The market for college merchandise is valued at about $2.5 billion a year. Students, according to one count, spend $360 a month on clothing alone. Universities take profits from goods sold in their own stores and from licensee fees on independent sales. For some colleges, these are multimillion-dollar earnings. The Collegiate Licensing Corporation licenses athletic products for nearly 200 universities and about 2,000 retailers. While the CLC has a code of conduct, exactly where and under what conditions these products are made is a matter of conjecture.

Companies hotly deny that they abuse cheap labour, but when exposes occur, sub-contractors are blamed. USAS cites research showing that the typical labour costs on a $15 college T-shirt may be less than three cents, with profit margins of 75 per cent. Michigan protesters claimed that a UM baseball cap costing $20 brought $1.50 to the university but only eight cents to the Dominican Republican worker who made it.

Campaigners are demanding - and getting - a variety of worker protections. This month, Purdue University in Indiana banned the manufacture of its products in 13 countries that do not guarantee labour organising rights, from Laos to Somalia. The University of California recently strengthened its code of conduct for licensees, adding the demand for a "living wage" and an end to any forced contraception for female employees.

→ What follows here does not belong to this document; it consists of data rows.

-- ===== src/Billing/Asked.antt =====
-- The map of the stock that an invoice takes says, for each product, what its lines say together
-- (billing.ts, `checkout`).
use cafe_retail_software.Prelude.{none, some, ◌&&◌}
use cafe_retail_software.Money.{scaled, value}
use mathlib.Core.Path.{subst}
use cafe_retail_software.Documents.Invoices.{InvoiceItem}
use cafe_retail_software.Prelude.{
  ℕ, ◌≡◌, sum_of, Distinct, List, ◌≢◌, arith, All, if◌then◌else◌, Option-cases, ◌+◌, [], ◌==◌, inl,
  inr, ◌∷◌, Bool-cases,
}
use cafe_retail_software.Result.Pure.{>>=-eq-ok, ran}
use cafe_retail_software.Result.{ok, Result-cases}
use cafe_retail_software.Billing.Requested.{
  Requests, requested, request_line, requested_from, add_request,
}

-- What a map asks of a product.
abbrev pub asked : ℕ → Requests → ℕ
asked product = sum_of (λ r. if r.0 == product then r.1 else 0)

-- What a line asks of a product: its quantity, where stock of it is kept.
abbrev pub line_part : ℕ → InvoiceItem → ℕ
line_part product item = elim item.product_id [
  | none ↦ 0
  | some own ↦ if own == product && item.tracks_stock then value item.quantity else 0
]

asked-add_request :
    (product own quantity : ℕ) (requests : Requests)
    → asked product (add_request own quantity requests)
      ≡ asked product requests + (if own == product then quantity else 0)
unfolding add_request
asked-add_request product own quantity [] = ground arith
asked-add_request product own quantity ((k, n) ∷ rest) =
    ground (arith, asked-add_request product own quantity rest)

far-add_request :
    (key own quantity : ℕ) (requests : Requests)
    → own ≢ key
    → All (λ r. r.0 ≢ key) requests
    → All (λ r. r.0 ≢ key) (add_request own quantity requests)
unfolding add_request
far-add_request key own quantity [] far h = (far, tt)
far-add_request key own quantity ((k, n) ∷ rest) far (hk, h) = elim (Bool-cases (k == own)) [
  | inl t ↦ rw t (hk, h)
  | inr f ↦ rw f (hk, far-add_request key own quantity rest far h)
]

add_request-Distinct :
    (own quantity : ℕ) (requests : Requests)
    → Distinct (λ r. r.0) requests
    → Distinct (λ r. r.0) (add_request own quantity requests)
unfolding add_request
add_request-Distinct own quantity [] d = (tt, tt)
add_request-Distinct own quantity ((k, n) ∷ rest) (far, d) = elim (Bool-cases (k == own)) [
  | inl t ↦ rw t (far, d)
  | inr f ↦ rw f (
    far-add_request k own quantity rest (ground arith) far,
    add_request-Distinct own quantity rest d,
  )
]

-- The map is of distinct keys, and asks what some lines ask on top of what another asks.
abbrev Asks : Requests → Requests → (ℕ → ℕ) → Type 0
Asks before after part =
    (Distinct (λ r. r.0) before → Distinct (λ r. r.0) after)
    × ((product : ℕ) → asked product after ≡ asked product before + part product)

request_line-Asks :
    (item : InvoiceItem) (requests : Requests) {next : Requests}
    → request_line item requests ≡ ok next
    → Asks requests next (λ product. line_part product item)
unfolding request_line
request_line-Asks item requests {next = next} h = elim (Option-cases item.product_id) [
  | inl none_there ↦
      let same : requests ≡ next = ground arith in
      subst (λ r. Asks requests r (λ product. line_part product item)) same
        (λ d. d, λ product. rw none_there (omega arith))
  | inr (own, there) ↦ elim (Bool-cases item.tracks_stock) [
    | inr untracked ↦
        let same : requests ≡ next = ground arith in
        subst (λ r. Asks requests r (λ product. line_part product item)) same
          (λ d. d, λ product. rw there (ground arith))
    | inl tracked ↦ elim (Result-cases (scaled item.quantity)) [
      | inl (e, refused) ↦ absurd (ground arith)
      | inr (n, read) ↦
          let same : add_request own n requests ≡ next = ground arith in
          subst (λ r. Asks requests r (λ product. line_part product item)) same
            (
              add_request-Distinct own n requests,
              λ product. rw there (ground (arith, asked-add_request product own n requests)),
            )
    ]
  ]
]

requested_from-Asks :
    (requests : Requests) (items : List InvoiceItem) {all : Requests}
    → requested_from requests items ≡ ok all
    → Asks requests all (λ product. sum_of (line_part product) items)
unfolding requested_from
requested_from-Asks requests [] {all = all} h =
    let same : requests ≡ all = ground arith in
    subst (λ r. Asks requests r (λ product. 0)) same (λ d. d, λ product. omega arith)
requested_from-Asks requests (item ∷ items) h = elim (>>=-eq-ok (request_line item requests) _ h) [
  | ran next lined h1 ↦
      let (first, part) = request_line-Asks item requests lined in
      let (rest, parts) = requested_from-Asks next items h1 in
      (λ d. rest (first d), λ product. omega (arith, part product, parts product))
]

-- The map of an invoice's lines has each product once, with the sum of the quantities of its lines of which
-- stock is kept.
pub requested-sum_of :
    (items : List InvoiceItem) {requests : Requests}
    → requested items ≡ ok requests
    → Distinct (λ r. r.0) requests
      × ((product : ℕ) → asked product requests ≡ sum_of (line_part product) items)
unfolding requested
requested-sum_of items h =
    let (distinct, same) = requested_from-Asks [] items h in
    (distinct tt, λ product. omega (arith, same product))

The students and their supporters link their activism to the same forces that turned the World Trade Organisation meeting last year into the fiasco dubbed the Battle of Seattle. Sweatshop campaigners were among those in Washington this week to protest at the International Monetary Fund and World Bank meetings, with the theme that the world economic market is feeding inequality and corporate exploitation of cheap labour. "We think of this as a first step. Here is a distinct market, the university logo market, in which we can try to change company practice," says Edna Bonacich, a professor of social and ethnic community studies at the University of California in Riverside and author of a forthcoming book on the Los Angeles garment industry.

"It could be a model for going after other sectors. We are not trying to change everything at once, but we would like to change the global economy ultimately."

The internet has served as a critical organising forum in colleges. "It's hard for me to imagine that we would be having this success if it wasn't for the easy chatI that we have had with each other," says Harvard second-year Ben McKean. Indeed, the history of the protest is etched on the worldwide web. USAS's site runs links to the corporate lists of factories in Mexico, Puerto Rico, Haiti, Thailand, Pakistan and elsewhere, including the US. Last October, Nike was the first to post the names of 41 factories in 11 countries where it produces apparel for US colleges. GEAR for Sports has also offered a database, where customers can enter the style number on a garment label to trace factory information.

Factory disclosure was long the students' rallying cry; now armed with the new data, they want monitoring, too. Last year, about 130 colleges and 11 apparel makers joined established human rights and workers groups to form the Fair Labour Association. They have plans and funding to set up a monitoring system for factory conditions.

The students say the FLA is tainted by its corporate ties. Their alternative, the WRC, has embraced the notion of random factory inspections. The FLA has White House blessing, but the recent protests have driven 30 universities to join the WRC within a month.

The WRC's advisory council includes sympathetic US labour experts along with trade unionists from the US, South Africa and Nicaragua. It has no corporate members. Political science student Maria Roeper, on a break from her studies, is the WRC's only paid staff member. "We are at a time when global economic justice is coming into people's consciousness," she says.